Using software • SAS will evaluate the least squares regression line but you have to know where to find them in the output • Residuals and predicted values are also printed • SAS program : regression.doc • the regression procedure is proc reg • We will do a deeper analysis of regression in chapter 10
Correlation and Regression • In correlation, X and Y are interchangeable, NOT so in regression. • Slope (b), depends on correlation (r) • R2—Coefficient of Determination • Square of correlation • Fraction of variation in y explained by LSR line • Higher R2 suggests better fit • Example: R2 = 0.6062 for NEA data • means that 60.62% of the unexplained variation in fat gain is explained by your fitted regression line with x = NEA.

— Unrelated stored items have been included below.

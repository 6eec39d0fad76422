-- ===== src/Ensures.antt =====
-- Partial-correctness rules of the monad: what holds behind a call that does not fault.
use scsiswap.Base.{Bool, true, false, Option, none, some, if◌then◌else◌, ◌≡◌, refl}
use scsiswap.State.{World, M, deref, ◌>>=◌}

abbrev pub Ensures : {E A : Type 0} → (A → World E → Type 0) → Option (A × World E) → Type 0
Ensures P none = Unit
Ensures P (some (a, w)) = P a w

module _ {E A B : Type 0} where
  pub after_rule :
      (o : Option (A × World E)) (f : A → M E B) (P : A → World E → Type 0)
      (Q : B → World E → Type 0)
      → Ensures P o
      → ((a : A) (v : World E) → P a v → Ensures Q (f a v))
      → Ensures Q (let r : Option (B × World E) = elim o [ none ↦ none | some (a, v) ↦ f a v ] in r)
  after_rule none f P Q h step = tt
  after_rule (some (a, v)) f P Q h step = step a v h

  pub bind_rule :
      (m : M E A) (f : A → M E B) (P : A → World E → Type 0) (Q : B → World E → Type 0)
      (w : World E)
      → Ensures P (m w)
      → ((a : A) (v : World E) → P a v → Ensures Q (f a v))
      → Ensures Q ((m >>= f) w)
  bind_rule m f P Q w h step = after_rule (m w) f P Q h step

  pub deref_rule :
      (o : Option A) (f : A → M E B) (Q : B → World E → Type 0) (w : World E)
      → ((a : A) → o ≡ some a → Ensures Q (f a w))
      → Ensures Q ((deref o >>= f) w)
  deref_rule none f Q w step = tt
  deref_rule (some a) f Q w step = step a refl

module _ {E A B : Type 0} where
  -- A pointer that is not null is followed.
  pub deref-some :
      (o : Option A) (a : A) (f : A → M E B) (w : World E) → o ≡ some a → (deref o >>= f) w ≡ f a w
  deref-some o a f w h = rw h refl

module _ {E A : Type 0} where
  pub weaken :
      (o : Option (A × World E)) (P Q : A → World E → Type 0)
      → Ensures P o
      → ((a : A) (v : World E) → P a v → Q a v)
      → Ensures Q o
  weaken none P Q h step = tt
  weaken (some (a, v)) P Q h step = step a v h

  pub if_rule :
      (b : Bool) (m n : M E A) (Q : A → World E → Type 0) (w : World E)
      → Ensures Q (m w)
      → Ensures Q (n w)
      → Ensures Q ((if b then m else n) w)
  if_rule true m n Q w p q = p
  if_rule false m n Q w p q = q

module _ {A E B : Type 0} where
  -- The two cases of an optional value, with what is known of it.
  pub option_rule :
      (o : Option A) (m : M E B) (f : A → M E B) (P : Option A → Type 0) (Q : B → World E → Type 0)
      (w : World E)
      → P o
      → (P none → Ensures Q (m w))
      → ((a : A) → P (some a) → Ensures Q (f a w))
      → Ensures Q ((let r : M E B = elim o [ none ↦ m | some a ↦ f a ] in r) w)
  option_rule none m f P Q w p on_none on_some = on_none p
  option_rule (some a) m f P Q w p on_none on_some = on_some a p

module _ {E B : Type 0} where
  -- The two cases of a test, with what is known of it.
  pub test_rule :
      (b : Bool) (m n : M E B) (P : Bool → Type 0) (Q : B → World E → Type 0) (w : World E)
      → P b
      → (P true → Ensures Q (m w))
      → (P false → Ensures Q (n w))
      → Ensures Q ((if b then m else n) w)
  test_rule true m n P Q w p yes_case no_case = yes_case p
  test_rule false m n P Q w p yes_case no_case = no_case p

R2—another example • Explains the part of the variation of y which comes from the linear relationship between y and x. In this case between Height and Age. less spread tight fit R2 = 0.989 more scatter more error in prediction R2 = 0.849
2.4 Caveats about correlation & regression • Residuals can tell us whether we have a good fit • Residual = observed y - predicted y • Residual plot: plot of residuals vs x • Used to assess the fit of regression line • Residuals add up to zero and have a mean of zero • Thus, a fit is considered good if the plot shows a random spread of points about the zero line but without any definitive pattern
Residual plot • Scatterplot of residuals against explanatory variable • Helps assess the fit of regression line
Outliers and influential observations • Outliers: Lies outside the pattern of other observations • Y-outliers: large residual • X-outliers: often influential in regression • Influential points: Deleting this point changes your statistical analysis drastically • pull the regression line towards themselves • Least squares regression is NOT robust to presence of outliers
Example: Gesell data • r = 0.4819 • Subject 15: • Y-outlier • Far from line • High residual • Subject 18: • X-outlier • Close to line • Small residual
Example: Gesell data • r = 0.4819 • Drop 15: • r = 0.5684 • Drop 18: • r = 0.3837 • Both have some influence, but neither seems excessive
Causation • Association does not imply causation! • An association between x and y, even if it is very strong, is not itself good evidence that changes in x actually cause changes in y. • Causation: Variable X directly causes a change in Variable Y • Example: • X = plant food • Y = plant’s growth
Common Response • Other variables may affect the relationship between X and Y • Beware of lurking variables • Example: for children, • X = height • Y = Math Score • Z = Age
Confounding • Other variables may affect the relationship between X and Y • Can’t separate effects of X and Z on Y • Example: • X = number years of education • Y = income • Z = ??